QUANT-PHSep 16, 2020
Efficient Quantum State Sample Tomography with Basis-dependent Neural-networksAlistair W. R. Smith, Johnnie Gray, M. S. Kim
We use a meta-learning neural-network approach to analyse data from a measured quantum state. Once our neural network has been trained it can be used to efficiently sample measurements of the state in measurement bases not contained in the training data. These samples can be used calculate expectation values and other useful quantities. We refer to this process as "state sample tomography". We encode the state's measurement outcome distributions using an efficiently parameterized generative neural network. This allows each stage in the tomography process to be performed efficiently even for large systems.
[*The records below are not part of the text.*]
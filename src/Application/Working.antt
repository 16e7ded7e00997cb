-- ===== src/Application/Working.antt =====
-- The invariant of the objects that a message of one connection changes, and what each function
-- between main/main.c and them leaves alone.
use wisp_esp.Base.{ℕ, ◌≤◌, ◌≡◌, ◌≢◌, refl, ◌∙◌, true, arith}
use wisp_esp.RateLimiter
use wisp_esp.RateLimiter.View.{bucket_of}
use wisp_esp.RateLimiter.Invariant
use wisp_esp.SubManager.Invariant.{Owns}
use wisp_esp.SubManager.Connections.{subs_of}
use wisp_esp.Storage.Invariant.{IsValid}
use wisp_esp.Router.{RelayMsg}
use wisp_esp.Relay.{Platform, Relay, emit}

-- The objects are there and valid. `base` is the live memory that is not the table's.
pub record IsWorking {p : Platform} (base : ℕ) (r : Relay p) : Type 0 where
  pub table : Owns base r.sub_manager r.memory
  pub index : IsValid r.store.engine
  pub buckets : RateLimiter.Invariant.IsValid r.limiter
  pub has_subs : r.has_subs ≡ true
  pub has_storage : r.has_storage ≡ true
  pub has_limiter : r.has_limiter ≡ true

-- What a message of `fd` may do: the server's table stays, and no other connection gets a bucket or
-- a subscription.
pub record Handled {p : Platform} (base fd : ℕ) (r r' : Relay p) : Type 0 where
  pub working : IsWorking base r'
  pub server : r'.server ≡ r.server
  pub buckets : (fd' : ℕ) → fd' ≢ fd → bucket_of r'.limiter fd' ≡ bucket_of r.limiter fd'
  pub subs : (fd' : ℕ) → fd' ≢ fd → subs_of fd' r'.sub_manager ≤ subs_of fd' r.sub_manager

module _ {p : Platform} (base fd : ℕ) where
  pub Handled-refl : (r : Relay p) → IsWorking base r → Handled base fd r r
  Handled-refl r w = record {
    working = w;
    server = refl;
    buckets = λ fd' ne. refl;
    subs = λ fd' ne. omega arith;
  }

  pub Handled-trans :
      {a b c : Relay p} → Handled base fd a b → Handled base fd b c → Handled base fd a c
  Handled-trans h k = record {
    working = k.working;
    server = k.server ∙ h.server;
    buckets = λ fd' ne. k.buckets fd' ne ∙ h.buckets fd' ne;
    subs = λ fd' ne. omega (arith, k.subs fd' ne, h.subs fd' ne);
  }

  pub emit-Handled :
      (r r' : Relay p) (fd' : ℕ) (msg : RelayMsg)
      → Handled base fd r r'
      → Handled base fd r (emit r' fd' msg)
  emit-Handled r r' fd' msg h = record {
    working = record {
      table = h.working.table;
      index = h.working.index;
      buckets = h.working.buckets;
      has_subs = h.working.has_subs;
      has_storage = h.working.has_storage;
      has_limiter = h.working.has_limiter;
    };
    server = h.server;
    buckets = h.buckets;
    subs = h.subs;
  }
Our scheme is demonstrated on recent IBM Quantum devices, producing a model for a 6-qubit state's measurement outcomes with a predictive accuracy (classical fidelity) > 95% for all test cases using only 100 random measurement settings as opposed to the 729 settings required for standard full tomography using local measurements. This reduction in the required number of measurements scales favourably, with training data in 200 measurement settings yielding a predictive accuracy > 92% for a 10 qubit state where 59,049 settings are typically required for full local measurement-based quantum state tomography. A reduction in number of measurements by a factor, in this case, of almost 600 could allow for estimations of expectation values and state fidelities in practicable times on current quantum devices.